+++ SOURCE MATERIAL

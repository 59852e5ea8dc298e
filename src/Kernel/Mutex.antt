-- ===== src/Kernel/Mutex.antt =====
-- The mutex of source/kernel/mutex/mutex.c, with priority inheritance. mutex_lock is cut at its busy
-- wait: `begin_lock` is what comes before it, `finish_lock` what comes after. Each runs under the
-- mutex's lock, so it is one step. `t` is the current task.
pub mod Scan
mod Tests
pub mod Frame
pub mod Unlock
pub mod Holders
pub mod Release
use rpitos.Prelude.{
  ℕ, zero, suc, ◌+◌, ◌^◌, ◌%◌, Bool, true, false, not, ◌&&◌, Option, none, some, ltb, if◌then◌else◌,
  ◌==◌, same_ptr,
}
use rpitos.Status.{Status, e_ok, e_timed_out, e_invalid_args, Run, done, fault, spin, ◌>>=◌}
use rpitos.Kernel.Links.{Links, empty_list, event_item, set_list, push_back, unlink}
use rpitos.Kernel.State.{Kernel, Tcb, blocked, task_priority_idle, set_links, set_tcb, set_state}
use rpitos.Kernel.Scheduler.Ready.{add_to_ready_list, change_task_priority}
use rpitos.Kernel.Scheduler.Blocked.{remove_from_blocked_list}
use rpitos.Kernel.Semaphore.{
  Timeout, forever, no_wait, ticks, deadline, suspend, Attempt, returns, waits,
}

pub data MutexState : Type 0 where
  locked unlocked : MutexState

-- `mutex_blocked_list` is the address of the wait list; `inheritance_enabled` is a `uint8_t`.
pub record Mutex : Type 0 where
  pub state : MutexState
  pub mutex_owner : Option ℕ
  pub mutex_blocked_list : ℕ
  pub inheritance_enabled : ℕ
  pub inherited_priority : ℕ

abbrev pub is_locked : MutexState → Bool
is_locked locked = true
is_locked unlocked = false

abbrev pub inherits : Mutex → Bool
inherits x = ltb 0 x.inheritance_enabled

unfoldable pub init : ℕ → Kernel → Mutex × Kernel
init l k = (
  record {
    state = unlocked;
    mutex_owner = none;
    mutex_blocked_list = l;
    inheritance_enabled = 0;
    inherited_priority = task_priority_idle;
  },
  set_links (set_list l empty_list k.links) k,
)

unfoldable pub set_inheritance : ℕ → Mutex → Kernel → Status × Mutex
set_inheritance enable x k =
    if is_locked x.state
    then (e_invalid_args, x)
    else if ltb 0 (k.links.list x.mutex_blocked_list).num_items
    then (e_invalid_args, x)
    else (e_ok, record x { inheritance_enabled = enable })

-- `mutexes_held++`, for a mutex with inheritance.
abbrev pub hold : Mutex → ℕ → Kernel → Kernel
hold x t k =
    if inherits x
    then set_tcb t (record (k.tcb t) { mutexes_held = ((k.tcb t).mutexes_held + 1) % 2 ^ 32 }) k
    else k

unfoldable pub add_waiter : Mutex → ℕ → Kernel → Kernel
add_waiter x t k = set_links (push_back (event_item t) t x.mutex_blocked_list k.links) k

-- The owner is raised to the highest priority that waits.
unfoldable pub boost_owner : Mutex → Option ℕ → Kernel → Run (Mutex × Kernel)
boost_owner x none k = fault
boost_owner x (some o) k = done (
  x,
  if ltb (k.tcb o).priority x.inherited_priority
      then change_task_priority o x.inherited_priority k
      else k,
)

unfoldable pub boost : Mutex → ℕ → Kernel → Run (Mutex × Kernel)
unfolding boost_owner
boost x t k =
    let p = (k.tcb t).priority in
    let x1 : Mutex =
      if ltb x.inherited_priority p then record x { inherited_priority = p } else x in
    if inherits x then boost_owner x1 x1.mutex_owner k else done (x, k)

unfoldable pub wait : Timeout → (core t : ℕ) → Mutex → Kernel → Run (Attempt × Mutex × Kernel)
unfolding add_waiter boost
wait timeout core t x k = suspend timeout (deadline timeout core k) t (add_waiter x t k) >>= λ k1.
    boost x t (set_state t blocked k1) >>= λ r. done (waits, r.0, r.1)

unfoldable pub begin_lock : Timeout → (core t : ℕ) → Mutex → Kernel → Run (Attempt × Mutex × Kernel)
unfolding wait
begin_lock timeout core t x k =
    if is_locked x.state
    then elim timeout [
      | no_wait ↦ done (returns e_timed_out, x, k)
      | forever ↦ wait forever core t x k
      | ticks n ↦ wait (ticks n) core t x k
    ]
    else done (returns e_ok, record x { state = locked; mutex_owner = some t }, hold x t k)

unfoldable pub finish_lock : ℕ → Mutex → Status
finish_lock t x = if same_ptr x.mutex_owner (some t) then e_ok else e_timed_out

-- The priority of the task that waits with an item.
abbrev pub waiter_priority : Kernel → ℕ → ℕ
waiter_priority k i = (k.tcb (k.links.item i).owner).priority

-- One round of the scan, on the best item and the second-best priority so far.
unfoldable pub better : (ℕ → ℕ) → ℕ → ℕ × ℕ → ℕ × ℕ
better f i (best, second) =
    if ltb (f best) (f i)
    then (i, if ltb second (f best) then f best else second)
    else (best, if ltb second (f i) then f i else second)

-- The scan of mutex_unlock. The list has no more items than `fuel`.
unfoldable pub scan : ℕ → Option ℕ → ℕ × ℕ → Kernel → Option (ℕ × ℕ)
unfolding better
scan fuel none r k = some r
scan zero (some i) r k = none
scan (suc fuel) (some i) r k = scan fuel (k.links.item i).next (better (waiter_priority k) i r) k

-- A holder without mutexes goes back to its own priority.
unfoldable pub demote : ℕ → Kernel → Kernel
demote h k =
    let task = k.tcb h in
    if (task.mutexes_held == 0) && not (task.priority == task.base_priority)
    then change_task_priority h task.base_priority k
    else k

-- `mutexes_held--`, and what follows it.
unfoldable pub restore : Mutex → Option ℕ → Kernel → Kernel
unfolding demote
restore x none k = k
restore x (some h) k =
    if inherits x
    then demote h (
        set_tcb h
          (record (k.tcb h) { mutexes_held = ((k.tcb h).mutexes_held + 4294967295) % 2 ^ 32 }) k)
    else k

-- The new owner, boosted if a waiter has a higher priority, becomes ready.
unfoldable pub transfer : Mutex → ℕ → Kernel → Kernel
transfer x n k =
    let k1 = hold x n k in
    let k2 : Kernel =
      if inherits x && ltb (k1.tcb n).priority x.inherited_priority
      then change_task_priority n x.inherited_priority k1
      else k1 in
    (add_to_ready_list (some n) (remove_from_blocked_list (some n) k2).1).1

unfoldable pub hand_on : Mutex → Option (ℕ × ℕ) → Kernel → Run (Mutex × Kernel)
unfolding restore transfer
hand_on x none k = spin
hand_on x (some (best, second)) k =
    let n = (k.links.item best).owner in
    let x1 : Mutex = record x { mutex_owner = some n; inherited_priority = second } in
    let k1 = set_links (unlink best x.mutex_blocked_list k.links) k in
    done (x1, transfer x1 n (restore x x.mutex_owner k1))

unfoldable pub unlock_waiting : Mutex → Option ℕ → Kernel → Run (Mutex × Kernel)
unfolding hand_on scan
unlock_waiting x none k = fault
unlock_waiting x (some h) k =
    hand_on x
      (scan (k.links.list x.mutex_blocked_list).num_items (k.links.item h).next
        (h, task_priority_idle) k)
      k

unfoldable pub unlock : Mutex → Kernel → Run (Mutex × Kernel)
unfolding unlock_waiting restore
unlock x k =
    let l = k.links.list x.mutex_blocked_list in
    if not (is_locked x.state)
    then done (x, k)
    else if l.num_items == 0
    then done (
      record x { state = unlocked; mutex_owner = none; inherited_priority = task_priority_idle },
      restore x x.mutex_owner k,
    )
    else unlock_waiting x l.head k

++++++

PROBLEM DETAILS: An exact copy of the lines above between the line holding "pub record Mutex : Type 0 where" and the line holding "inherits x = ltb 0 x.inheritance_enabled", inclusive, is the whole answer.

OUTPUT FOR THIS TASK:
pub record Mutex : Type 0 where
  pub state : MutexState
  pub mutex_owner : Option ℕ
  pub mutex_blocked_list : ℕ
  pub inheritance_enabled : ℕ
  pub inherited_priority : ℕ

abbrev pub is_locked : MutexState → Bool
is_locked locked = true
is_locked unlocked = false

abbrev pub inherits : Mutex → Bool
inherits x = ltb 0 x.inheritance_enabled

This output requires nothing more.